Springfield, IL-(ENEWSPF)- Owners of vacant properties who are not actively seeking tenants or buyers, or making alterations while continuing to receive property tax relief could face a vacancy fraud complaint and pay a penalty under bipartisan legislation co-sponsored by House Republican Leader Jim Durkin (R-Western Springs).
“Corporations or unscrupulous property owners should not be able to receive special breaks or deals at the expense of communities. This bipartisan bill helps to address that as it relates to property taxes by giving local taxing bodies the ability to go after bad actors and ensure that property owners are paying what they actually owe, which will help our schools, other units of local government, and taxpayers,” said Durkin.

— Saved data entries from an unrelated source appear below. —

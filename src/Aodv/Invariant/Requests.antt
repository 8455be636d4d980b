-- ===== src/Aodv/Invariant/Requests.antt =====
-- RecvRreq.
use aqua_sim_ng.Address.{address_key}
use aqua_sim_ng.Aodv.Header.{AodvHeader, uwaodv_rreq}
use aqua_sim_ng.Aodv.Invariant.{Inv, Inv2, IsSent, with_effect}
use aqua_sim_ng.Aodv.Invariant.Replies.{
  queue_rrep_candidate-Inv, seen-Inv, send_rrep-Inv, send_rrep_via-Inv,
}
use aqua_sim_ng.Aodv.Invariant.Routes.{update_route-Inv}
use aqua_sim_ng.Aodv.Recv.{
  answer_rreq, catch_up, effective_hop_limit, forward_rreq, has_fresh_route, is_duplicate_rreq,
  key_of, recv_rreq, relay_rreq,
}
use aqua_sim_ng.Aodv.State.{AodvPacket, Config, Env, Node, inc16, inc32, request_key}
use aqua_sim_ng.Aodv.Table.{update_route}
use aqua_sim_ng.Prelude.{
  Bool-cases, ap, arith, if◌then◌else◌, inl, inr, leb, refl, true, ℕ, ◌&&◌, ◌<◌, ◌==◌, ◌≡◌, ◌≤◌,
}
use aqua_sim_ng.Prelude.Cases.{if_both}
use aqua_sim_ng.Prelude.KeySet.{include}

module _ (o : Node) where
  effective_hop_limit-bound :
      (aodv : AodvHeader) (n : Node) → Inv o n → effective_hop_limit aodv n ≤ o.max_hop_count
  unfolding effective_hop_limit
  effective_hop_limit-bound aodv n i = ground (arith, ap Config.max_hop_count i.config_same)

  forward_rreq-Inv :
      (env : Env) (p : AodvPacket) (n : Node)
      → p.aodv.type ≡ uwaodv_rreq
      → p.aodv.hop_count < o.max_hop_count
      → Inv o n
      → Inv o (forward_rreq env p n)
  unfolding forward_rreq IsSent
  forward_rreq-Inv env p n h b i = with_effect i _ (i.address_same, refl, ground arith)

  pub relay_rreq-Inv :
      (env : Env) (p : AodvPacket) (n : Node)
      → p.aodv.type ≡ uwaodv_rreq
      → Inv o n
      → Inv2 o (relay_rreq env p n)
  unfolding relay_rreq
  relay_rreq-Inv env p n h i = elim (Bool-cases (has_fresh_route env.now p.aodv n)) [
    | inl e ↦ rw (e, relay_rreq) (send_rrep-Inv o env p.aodv.origin p.aodv.destination n i)
    | inr e ↦
        rw (e, relay_rreq)
          (elim (Bool-cases (leb (effective_hop_limit p.aodv n) p.aodv.hop_count)) [
            | inl f ↦ rw f i
            | inr f ↦ rw f (
                forward_rreq-Inv env p n h (ground (arith, effective_hop_limit-bound p.aodv n i)) i)
          ])
  ]

  catch_up-Inv : (aodv : AodvHeader) (n : Node) → Inv o n → Inv o (catch_up aodv n)
  unfolding catch_up
  catch_up-Inv aodv n i =
      if_both (Inv o) _ (record n { sequence_number = inc32 aodv.dest_seq_no }) n i i

  answer_rreq-Inv :
      (env : Env) (aodv : AodvHeader) (previous_hop : ℕ) (n : Node)
      → Inv o n
      → Inv2 o (answer_rreq env aodv previous_hop n)
  unfolding answer_rreq
  answer_rreq-Inv env aodv previous_hop n i =
      let m = catch_up aodv n in
      let j : Inv o m = catch_up-Inv aodv n i in
      elim (Bool-cases m.enable_rreq_collection) [
        | inl e ↦ rw e (queue_rrep_candidate-Inv o env (key_of aodv) aodv previous_hop m j)
        | inr e ↦ rw e (
            send_rrep_via-Inv o env aodv.origin m.address previous_hop _
              (seen-Inv o (key_of aodv) m j))
      ]

  pub recv_rreq-Inv :
      (env : Env) (p : AodvPacket) (previous_hop : ℕ) (n : Node)
      → p.aodv.type ≡ uwaodv_rreq
      → Inv o n
      → Inv2 o (recv_rreq env p previous_hop n)
  unfolding recv_rreq
  recv_rreq-Inv env p previous_hop n h i =
      let seen = record n { seen_rreqs = include (key_of p.aodv) n.seen_rreqs } in
      let m = if (p.aodv.destination == n.address) && n.enable_rreq_collection then n else seen in
      let j : Inv o m =
        if_both (Inv o) ((p.aodv.destination == n.address) && n.enable_rreq_collection) n seen i
          (seen-Inv o (key_of p.aodv) n i) in
      let m' =
        update_route env.now p.aodv.origin previous_hop (inc16 p.aodv.hop_count)
          p.aodv.origin_seq_no true m.route_lifetime m in
      let j' : Inv o m' =
        update_route-Inv o env.now p.aodv.origin previous_hop (inc16 p.aodv.hop_count)
          p.aodv.origin_seq_no true m.route_lifetime m j in
      elim (Bool-cases (is_duplicate_rreq p.aodv n)) [
        | inl e ↦ rw e i
        | inr e ↦ rw e (elim (Bool-cases (p.aodv.origin == n.address)) [
          | inl f ↦ rw f j
          | inr f ↦ rw f (
              if_both (Inv2 o) (p.aodv.destination == n.address)
                (answer_rreq env p.aodv previous_hop m') (relay_rreq env p m')
                (answer_rreq-Inv env p.aodv previous_hop m' j') (relay_rreq-Inv env p m' h j'))
        ])
      ]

House Bill 2517 creates the Vacancy Fraud Act. The new act would allow a taxing body or representative of a taxing body to file a vacancy fraud complaint with the county board of review if property is receiving vacancy relief and the property owner is not actively attempting to lease, sell or alter the property. In addition, it establishes factors in determining whether or not vacancy fraud has occurred and the penalties.

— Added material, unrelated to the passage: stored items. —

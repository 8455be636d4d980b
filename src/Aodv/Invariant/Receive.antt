-- ===== src/Aodv/Invariant/Receive.antt =====
-- Packets that arrive, from above and from below.
use aqua_sim_ng.Address.{address_key}
use aqua_sim_ng.Aodv.Data.{
  enqueue_packet, forward_data_packet, prepare_data_packet, send_queued_packets,
}
use aqua_sim_ng.Aodv.Discovery.{start_route_discovery}
use aqua_sim_ng.Aodv.Header.{
  AodvHeader, uwaodv_data, uwaodv_hello, uwaodv_rerr, uwaodv_rrep, uwaodv_rreq,
}
use aqua_sim_ng.Aodv.Hello.{recv_hello, update_neighbor}
use aqua_sim_ng.Aodv.Invariant.{Inv, Inv2, IsWaiting}
use aqua_sim_ng.Aodv.Invariant.Discoveries.{end_discovery-Inv, start_route_discovery-Inv}
use aqua_sim_ng.Aodv.Invariant.Neighbors.{
  maybe_start_hello-Inv, recv_hello-Inv, update_neighbor-Inv,
}
use aqua_sim_ng.Aodv.Invariant.Replies.{forward_rrep-Inv}
use aqua_sim_ng.Aodv.Invariant.Requests.{recv_rreq-Inv}
use aqua_sim_ng.Aodv.Invariant.Routes.{add_precursor-Inv, invalidate_route-Inv, update_route-Inv}
use aqua_sim_ng.Aodv.Invariant.Sends.{
  broadcast_data_packet-Inv, deliver_data_packet-Inv, enqueue_packet-Inv, forward_data_packet-Inv,
  forward_rerr-Inv, send_queued_packets-Inv,
}
use aqua_sim_ng.Aodv.Recv.{
  dispatch, is_packet_for_me, output_packet, recv, recv_aodv_packet, recv_data, recv_rrep,
  route_output,
}
use aqua_sim_ng.Aodv.Rerr.{recv_rerr}
use aqua_sim_ng.Aodv.Send.{from_milliseconds}
use aqua_sim_ng.Aodv.State.{AodvPacket, Config, Env, Node, Packet, inc16, inc32, plain, tagged}
use aqua_sim_ng.Aodv.Table.{
  add_precursor, is_broadcast_destination, lookup_route, should_accept_rerr, update_route,
}
use aqua_sim_ng.Prelude.{
  ==_iff, Bool-cases, Option, Option-cases, ap, arith, false, get_or, if◌then◌else◌, inl, inr, leb,
  not, refl, true, ℕ, ◌==◌, ◌||◌, ◌≡◌,
}
use aqua_sim_ng.Prelude.Cases.{if_both}
use aqua_sim_ng.Prelude.KeySet.{contains}

module _ (o : Node) where
  recv_data-Inv :
      (env : Env) (p : AodvPacket) (n : Node)
      → p.aodv.type ≡ uwaodv_data
      → Inv o n
      → Inv2 o (recv_data env p n)
  unfolding recv_data
  recv_data-Inv env p n h i =
      let m =
        update_route env.now p.aodv.origin p.ash.s_addr (inc16 p.aodv.hop_count)
          p.aodv.origin_seq_no true n.route_lifetime n in
      let j : Inv o m =
        update_route-Inv o env.now p.aodv.origin p.ash.s_addr (inc16 p.aodv.hop_count)
          p.aodv.origin_seq_no true n.route_lifetime n i in
      elim (Bool-cases
        (p.aodv.destination == m.address || is_broadcast_destination p.aodv.destination)) [
          | inl e ↦ rw e (deliver_data_packet-Inv o p m j)
          | inr e ↦ rw e (elim (Bool-cases (leb m.max_hop_count p.ash.num_forwards)) [
            | inl f ↦ rw f j
            | inr f ↦ rw f (
                forward_data_packet-Inv o env _ p.aodv.destination
                  (add_precursor p.aodv.destination p.ash.s_addr m) h
                  (ground (arith, ap Config.max_hop_count j.config_same))
                  (add_precursor-Inv o p.aodv.destination p.ash.s_addr m j))
          ])
        ]

  recv_rrep-Inv :
      (env : Env) (p : AodvPacket) (previous_hop : ℕ) (n : Node)
      → p.aodv.type ≡ uwaodv_rrep
      → Inv o n
      → Inv2 o (recv_rrep env p previous_hop n)
  unfolding recv_rrep
  recv_rrep-Inv env p previous_hop n h i =
      let d = p.aodv.destination in
      let lifetime = from_milliseconds p.aodv.lifetime_ms in
      let u =
        update_route env.now d previous_hop (inc16 p.aodv.hop_count) p.aodv.dest_seq_no true
          lifetime n in
      let m = send_queued_packets env d u in
      let j : Inv o m = send_queued_packets-Inv o env d u (
        update_route-Inv o env.now d previous_hop (inc16 p.aodv.hop_count) p.aodv.dest_seq_no true
          lifetime n i) in
      elim (Bool-cases (p.aodv.origin == m.address)) [
        | inl e ↦ rw e (end_discovery-Inv o d m j)
        | inr e ↦ rw e (elim (Option-cases (lookup_route env.now p.aodv.origin m)) [
          | inl f ↦ rw f j
          | inr (route, f) ↦ rw f (
              forward_rrep-Inv o p route.next_hop _ h (
                add_precursor-Inv o p.aodv.origin previous_hop _
                  (add_precursor-Inv o d route.next_hop m j)))
        ])
      ]

  recv_rerr-Inv :
      (env : Env) (aodv : AodvHeader) (previous_hop : ℕ) (n : Node)
      → Inv o n
      → Inv2 o (recv_rerr env aodv previous_hop n)
  unfolding recv_rerr
  recv_rerr-Inv env aodv previous_hop n i =
      if_both (Inv2 o) (should_accept_rerr aodv.destination aodv.dest_seq_no n) _ (n, false)
        (forward_rerr-Inv o env aodv.destination aodv.dest_seq_no _ _
          (invalidate_route-Inv o env.now aodv.destination aodv.dest_seq_no true n i))
        i

  dispatch-Inv : (env : Env) (p : AodvPacket) (n : Node) → Inv o n → Inv2 o (dispatch env p n)
  unfolding dispatch
  dispatch-Inv env p n i =
      let t = p.aodv.type in
      elim (Bool-cases (t == uwaodv_data)) [
        | inl e ↦ rw e (recv_data-Inv env p n ((==_iff t uwaodv_data).0 e) i)
        | inr e ↦ rw e (elim (Bool-cases (t == uwaodv_rreq)) [
          | inl f ↦ rw f (
              recv_rreq-Inv o env p p.ash.s_addr
                (record n { stats = record (n.stats) { rreq_rx = inc32 n.stats.rreq_rx } })
                ((==_iff t uwaodv_rreq).0 f) i)
          | inr f ↦ rw f (elim (Bool-cases (t == uwaodv_rrep)) [
            | inl g ↦ rw g (
                recv_rrep-Inv env p p.ash.s_addr
                  (record n { stats = record (n.stats) { rrep_rx = inc32 n.stats.rrep_rx } })
                  ((==_iff t uwaodv_rrep).0 g) i)
            | inr g ↦ rw g (elim (Bool-cases (t == uwaodv_rerr)) [
              | inl u ↦ rw u (
                  recv_rerr-Inv env p.aodv p.ash.s_addr
                    (record n { stats = record (n.stats) { rerr_rx = inc32 n.stats.rerr_rx } }) i)
              | inr u ↦ rw u (
                  if_both (Inv2 o) (t == uwaodv_hello)
                    (recv_hello env p.ash.s_addr
                      (record n { stats = record (n.stats) { hello_rx = inc32 n.stats.hello_rx } }))
                    (n, false)
                    (recv_hello-Inv o env p.ash.s_addr
                      (record n { stats = record (n.stats) { hello_rx = inc32 n.stats.hello_rx } })
                      i)
                    i)
            ])
          ])
        ])
      ]

  recv_aodv_packet-Inv :
      (env : Env) (p : AodvPacket) (n : Node) → Inv o n → Inv2 o (recv_aodv_packet env p n)
  unfolding recv_aodv_packet
  recv_aodv_packet-Inv env p n i =
      if_both (Inv2 o) (is_packet_for_me p.ash n) _ (n, false)
        (dispatch-Inv env p (update_neighbor env.now p.ash.s_addr n)
          (update_neighbor-Inv o env.now p.ash.s_addr n i))
        i

  output_packet-Inv :
      (env : Env) (p : AodvPacket) (d : ℕ) (n : Node)
      → IsWaiting p
      → Inv o n
      → Inv2 o (output_packet env p d n)
  unfolding output_packet
  output_packet-Inv env p d n h i =
      let r = forward_data_packet env p d n in
      let j : Inv2 o r = forward_data_packet-Inv o env p d n h.0 (ground arith) i in
      let q = enqueue_packet d p r.0 in
      let k : Inv2 o q = enqueue_packet-Inv o d p r.0 h j in
      elim (Bool-cases (d == n.address)) [
        | inl e ↦ rw e (deliver_data_packet-Inv o p n i)
        | inr e ↦ rw e (elim (Bool-cases (is_broadcast_destination d)) [
          | inl f ↦ rw f (broadcast_data_packet-Inv o p n h i)
          | inr f ↦ rw f (elim (Bool-cases r.1) [
            | inl g ↦ rw g j
            | inr g ↦ rw g (elim (Bool-cases q.1) [
              | inr u ↦ rw u k
              | inl u ↦ rw u (
                  if_both (Inv2 o) (not (contains d q.0.active_discoveries))
                    (start_route_discovery env d q.0, true) (q.0, true)
                    (start_route_discovery-Inv o env d q.0 k) k)
            ])
          ])
        ])
      ]

  -- `Recv` keeps the invariant.
  pub recv-Inv :
      (env : Env) (p : Packet) (dest : Option ℕ) (n : Node) → Inv o n → Inv2 o (recv env p dest n)
  unfolding recv route_output prepare_data_packet
  recv-Inv env (tagged p) dest n i = recv_aodv_packet-Inv env p _ (maybe_start_hello-Inv o env n i)
  recv-Inv env (plain ash payload) dest n i =
      let d = if ash.d_addr == 65535 then get_or dest ash.d_addr else ash.d_addr in
      output_packet-Inv env _ d _ (refl, refl)
        (maybe_start_hello-Inv o env _ (maybe_start_hello-Inv o env n i))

Upon determination that an owner of vacant property is not actively attempting to sell, lease or alter the vacant property, the board of review and chief county assessment officer may impose the following penalties: Prohibit any vacancy relief until the property is sold or leased; require the payment of three times the amount of back taxes owed for any vacancy relief while the owner was not actively attempting to sell, lease or alter the vacant property; require the payment of interest on any back taxes. Repeat offenders within a five year period may be charged a penalty not to exceed 25% of the amount of back taxes.